Records shown:
>>
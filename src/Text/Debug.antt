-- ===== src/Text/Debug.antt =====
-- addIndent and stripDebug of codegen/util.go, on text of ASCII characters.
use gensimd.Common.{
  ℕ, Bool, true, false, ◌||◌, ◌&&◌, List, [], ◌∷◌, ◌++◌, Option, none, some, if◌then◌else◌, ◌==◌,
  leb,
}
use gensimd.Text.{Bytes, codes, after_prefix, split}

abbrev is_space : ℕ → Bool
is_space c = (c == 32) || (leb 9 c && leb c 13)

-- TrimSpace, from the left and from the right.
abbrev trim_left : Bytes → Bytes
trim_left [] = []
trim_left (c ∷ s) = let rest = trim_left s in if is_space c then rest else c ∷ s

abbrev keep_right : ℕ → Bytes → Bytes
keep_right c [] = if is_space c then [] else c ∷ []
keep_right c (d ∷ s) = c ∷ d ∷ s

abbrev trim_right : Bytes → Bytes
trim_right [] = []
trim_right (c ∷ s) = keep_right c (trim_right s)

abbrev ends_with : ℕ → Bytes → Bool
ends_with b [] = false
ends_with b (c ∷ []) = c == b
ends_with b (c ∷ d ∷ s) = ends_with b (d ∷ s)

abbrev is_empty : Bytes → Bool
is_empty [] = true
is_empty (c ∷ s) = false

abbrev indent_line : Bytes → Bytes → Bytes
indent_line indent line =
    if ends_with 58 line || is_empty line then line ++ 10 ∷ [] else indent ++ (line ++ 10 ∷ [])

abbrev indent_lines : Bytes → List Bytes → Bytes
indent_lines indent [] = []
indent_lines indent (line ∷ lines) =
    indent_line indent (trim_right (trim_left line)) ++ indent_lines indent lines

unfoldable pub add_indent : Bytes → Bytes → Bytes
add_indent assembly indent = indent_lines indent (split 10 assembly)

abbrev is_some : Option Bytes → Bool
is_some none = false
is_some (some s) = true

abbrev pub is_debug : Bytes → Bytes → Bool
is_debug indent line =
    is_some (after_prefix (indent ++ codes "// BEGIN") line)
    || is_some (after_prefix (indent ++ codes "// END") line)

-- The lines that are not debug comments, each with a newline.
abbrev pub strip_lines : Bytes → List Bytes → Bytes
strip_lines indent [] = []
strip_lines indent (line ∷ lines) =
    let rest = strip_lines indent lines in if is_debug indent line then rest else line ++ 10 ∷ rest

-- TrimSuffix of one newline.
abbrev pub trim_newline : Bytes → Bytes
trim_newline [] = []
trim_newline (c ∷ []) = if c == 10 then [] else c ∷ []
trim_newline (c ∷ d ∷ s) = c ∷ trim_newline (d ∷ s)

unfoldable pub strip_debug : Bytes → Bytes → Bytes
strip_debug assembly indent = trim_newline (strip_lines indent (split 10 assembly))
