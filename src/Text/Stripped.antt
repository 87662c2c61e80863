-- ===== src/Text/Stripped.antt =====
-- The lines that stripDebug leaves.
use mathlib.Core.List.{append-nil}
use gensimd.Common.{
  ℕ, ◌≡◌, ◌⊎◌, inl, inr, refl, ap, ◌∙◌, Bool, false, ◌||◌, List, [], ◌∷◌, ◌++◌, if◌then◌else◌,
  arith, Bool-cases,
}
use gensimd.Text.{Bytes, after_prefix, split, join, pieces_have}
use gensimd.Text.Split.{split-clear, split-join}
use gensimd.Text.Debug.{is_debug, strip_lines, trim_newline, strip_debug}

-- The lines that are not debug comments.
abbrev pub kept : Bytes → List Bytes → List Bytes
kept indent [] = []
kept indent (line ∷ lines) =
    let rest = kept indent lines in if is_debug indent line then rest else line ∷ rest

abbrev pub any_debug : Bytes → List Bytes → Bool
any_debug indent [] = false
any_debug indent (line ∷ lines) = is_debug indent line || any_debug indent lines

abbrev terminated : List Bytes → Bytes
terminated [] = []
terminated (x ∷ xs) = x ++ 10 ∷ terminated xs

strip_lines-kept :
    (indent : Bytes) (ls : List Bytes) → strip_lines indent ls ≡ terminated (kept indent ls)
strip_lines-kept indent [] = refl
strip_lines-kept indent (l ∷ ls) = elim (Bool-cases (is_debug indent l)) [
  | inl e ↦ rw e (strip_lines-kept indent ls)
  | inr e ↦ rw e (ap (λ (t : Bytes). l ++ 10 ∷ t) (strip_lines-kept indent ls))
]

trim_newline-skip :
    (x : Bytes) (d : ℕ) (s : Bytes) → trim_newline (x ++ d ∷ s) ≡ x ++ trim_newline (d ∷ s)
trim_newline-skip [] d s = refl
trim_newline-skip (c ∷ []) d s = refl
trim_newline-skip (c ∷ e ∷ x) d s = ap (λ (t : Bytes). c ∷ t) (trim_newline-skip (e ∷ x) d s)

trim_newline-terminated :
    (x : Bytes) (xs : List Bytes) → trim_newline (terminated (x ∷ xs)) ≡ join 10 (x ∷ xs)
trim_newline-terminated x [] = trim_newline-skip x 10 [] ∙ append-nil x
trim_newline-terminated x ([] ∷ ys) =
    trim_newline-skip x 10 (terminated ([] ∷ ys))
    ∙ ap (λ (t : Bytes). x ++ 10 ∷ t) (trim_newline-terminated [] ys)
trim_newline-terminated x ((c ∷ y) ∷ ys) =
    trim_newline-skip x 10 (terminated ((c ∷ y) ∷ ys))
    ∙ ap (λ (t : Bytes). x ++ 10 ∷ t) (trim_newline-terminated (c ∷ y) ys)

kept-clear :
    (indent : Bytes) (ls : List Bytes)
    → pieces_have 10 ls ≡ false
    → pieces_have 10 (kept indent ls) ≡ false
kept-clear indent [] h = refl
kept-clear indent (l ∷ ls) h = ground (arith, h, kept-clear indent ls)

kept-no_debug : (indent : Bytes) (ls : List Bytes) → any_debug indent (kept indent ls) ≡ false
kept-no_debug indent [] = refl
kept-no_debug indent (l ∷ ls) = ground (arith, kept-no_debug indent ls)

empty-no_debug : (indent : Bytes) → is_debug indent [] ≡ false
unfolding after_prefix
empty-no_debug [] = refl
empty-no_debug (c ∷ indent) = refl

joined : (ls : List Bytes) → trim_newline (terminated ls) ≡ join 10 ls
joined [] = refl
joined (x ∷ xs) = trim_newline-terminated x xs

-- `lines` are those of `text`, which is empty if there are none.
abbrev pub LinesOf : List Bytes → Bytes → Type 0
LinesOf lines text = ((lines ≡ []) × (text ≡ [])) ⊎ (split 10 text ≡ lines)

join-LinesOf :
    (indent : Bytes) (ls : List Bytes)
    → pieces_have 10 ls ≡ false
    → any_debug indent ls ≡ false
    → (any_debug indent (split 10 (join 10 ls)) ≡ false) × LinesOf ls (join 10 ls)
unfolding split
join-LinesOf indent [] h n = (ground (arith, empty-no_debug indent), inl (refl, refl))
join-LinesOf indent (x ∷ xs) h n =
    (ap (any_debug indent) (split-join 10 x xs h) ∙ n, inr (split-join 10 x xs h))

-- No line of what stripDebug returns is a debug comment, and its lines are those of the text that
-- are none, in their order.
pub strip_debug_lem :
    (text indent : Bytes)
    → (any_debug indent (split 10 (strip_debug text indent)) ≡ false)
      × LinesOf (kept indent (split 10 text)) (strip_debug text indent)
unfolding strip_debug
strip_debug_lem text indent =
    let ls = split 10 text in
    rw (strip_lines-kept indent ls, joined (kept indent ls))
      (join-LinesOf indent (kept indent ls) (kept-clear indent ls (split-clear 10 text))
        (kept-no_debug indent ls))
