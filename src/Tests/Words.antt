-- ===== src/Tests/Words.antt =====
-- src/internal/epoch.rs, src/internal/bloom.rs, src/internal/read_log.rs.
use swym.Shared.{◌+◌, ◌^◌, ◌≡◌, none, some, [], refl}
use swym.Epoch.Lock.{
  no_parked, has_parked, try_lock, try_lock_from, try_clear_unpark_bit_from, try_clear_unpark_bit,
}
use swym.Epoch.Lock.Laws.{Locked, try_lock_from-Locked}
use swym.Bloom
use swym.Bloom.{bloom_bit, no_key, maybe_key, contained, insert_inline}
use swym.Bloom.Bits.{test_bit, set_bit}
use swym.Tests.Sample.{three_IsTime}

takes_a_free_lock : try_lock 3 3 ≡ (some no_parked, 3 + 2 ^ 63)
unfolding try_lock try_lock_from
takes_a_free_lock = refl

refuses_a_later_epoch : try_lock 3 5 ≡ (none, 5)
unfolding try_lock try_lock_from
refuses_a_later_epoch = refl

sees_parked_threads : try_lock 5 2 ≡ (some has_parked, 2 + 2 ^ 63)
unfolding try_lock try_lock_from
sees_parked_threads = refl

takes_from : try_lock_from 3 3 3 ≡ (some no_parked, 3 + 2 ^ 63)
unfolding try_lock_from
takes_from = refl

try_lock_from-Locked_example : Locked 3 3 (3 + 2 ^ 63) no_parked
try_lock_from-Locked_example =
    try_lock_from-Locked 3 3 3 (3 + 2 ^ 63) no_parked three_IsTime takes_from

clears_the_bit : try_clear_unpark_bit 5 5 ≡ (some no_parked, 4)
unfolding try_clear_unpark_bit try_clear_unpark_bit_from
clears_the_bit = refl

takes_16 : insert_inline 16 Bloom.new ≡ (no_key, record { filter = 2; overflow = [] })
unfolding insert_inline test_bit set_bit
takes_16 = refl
<<
Work required:
Every line above from the line with "joined : (ls" to the line with "takes_a_free_lock = refl", inclusive, must be returned exactly; no other line belongs in the reply.

Reply to the exercise:
joined : (ls : List Bytes) → trim_newline (terminated ls) ≡ join 10 ls
joined [] = refl
joined (x ∷ xs) = trim_newline-terminated x xs

-- `lines` are those of `text`, which is empty if there are none.
abbrev pub LinesOf : List Bytes → Bytes → Type 0
LinesOf lines text = ((lines ≡ []) × (text ≡ [])) ⊎ (split 10 text ≡ lines)

join-LinesOf :
    (indent : Bytes) (ls : List Bytes)
    → pieces_have 10 ls ≡ false
    → any_debug indent ls ≡ false
    → (any_debug indent (split 10 (join 10 ls)) ≡ false) × LinesOf ls (join 10 ls)
unfolding split
join-LinesOf indent [] h n = (ground (arith, empty-no_debug indent), inl (refl, refl))
join-LinesOf indent (x ∷ xs) h n =
    (ap (any_debug indent) (split-join 10 x xs h) ∙ n, inr (split-join 10 x xs h))

-- No line of what stripDebug returns is a debug comment, and its lines are those of the text that
-- are none, in their order.
pub strip_debug_lem :
    (text indent : Bytes)
    → (any_debug indent (split 10 (strip_debug text indent)) ≡ false)
      × LinesOf (kept indent (split 10 text)) (strip_debug text indent)
unfolding strip_debug
strip_debug_lem text indent =
    let ls = split 10 text in
    rw (strip_lines-kept indent ls, joined (kept indent ls))
      (join-LinesOf indent (kept indent ls) (kept-clear indent ls (split-clear 10 text))
        (kept-no_debug indent ls))
filename src/Tests/Words.antt
-- ===== src/Tests/Words.antt =====
-- src/internal/epoch.rs, src/internal/bloom.rs, src/internal/read_log.rs.
use swym.Shared.{◌+◌, ◌^◌, ◌≡◌, none, some, [], refl}
use swym.Epoch.Lock.{
  no_parked, has_parked, try_lock, try_lock_from, try_clear_unpark_bit_from, try_clear_unpark_bit,
}
use swym.Epoch.Lock.Laws.{Locked, try_lock_from-Locked}
use swym.Bloom
use swym.Bloom.{bloom_bit, no_key, maybe_key, contained, insert_inline}
use swym.Bloom.Bits.{test_bit, set_bit}
use swym.Tests.Sample.{three_IsTime}

takes_a_free_lock : try_lock 3 3 ≡ (some no_parked, 3 + 2 ^ 63)
unfolding try_lock try_lock_from
takes_a_free_lock = refl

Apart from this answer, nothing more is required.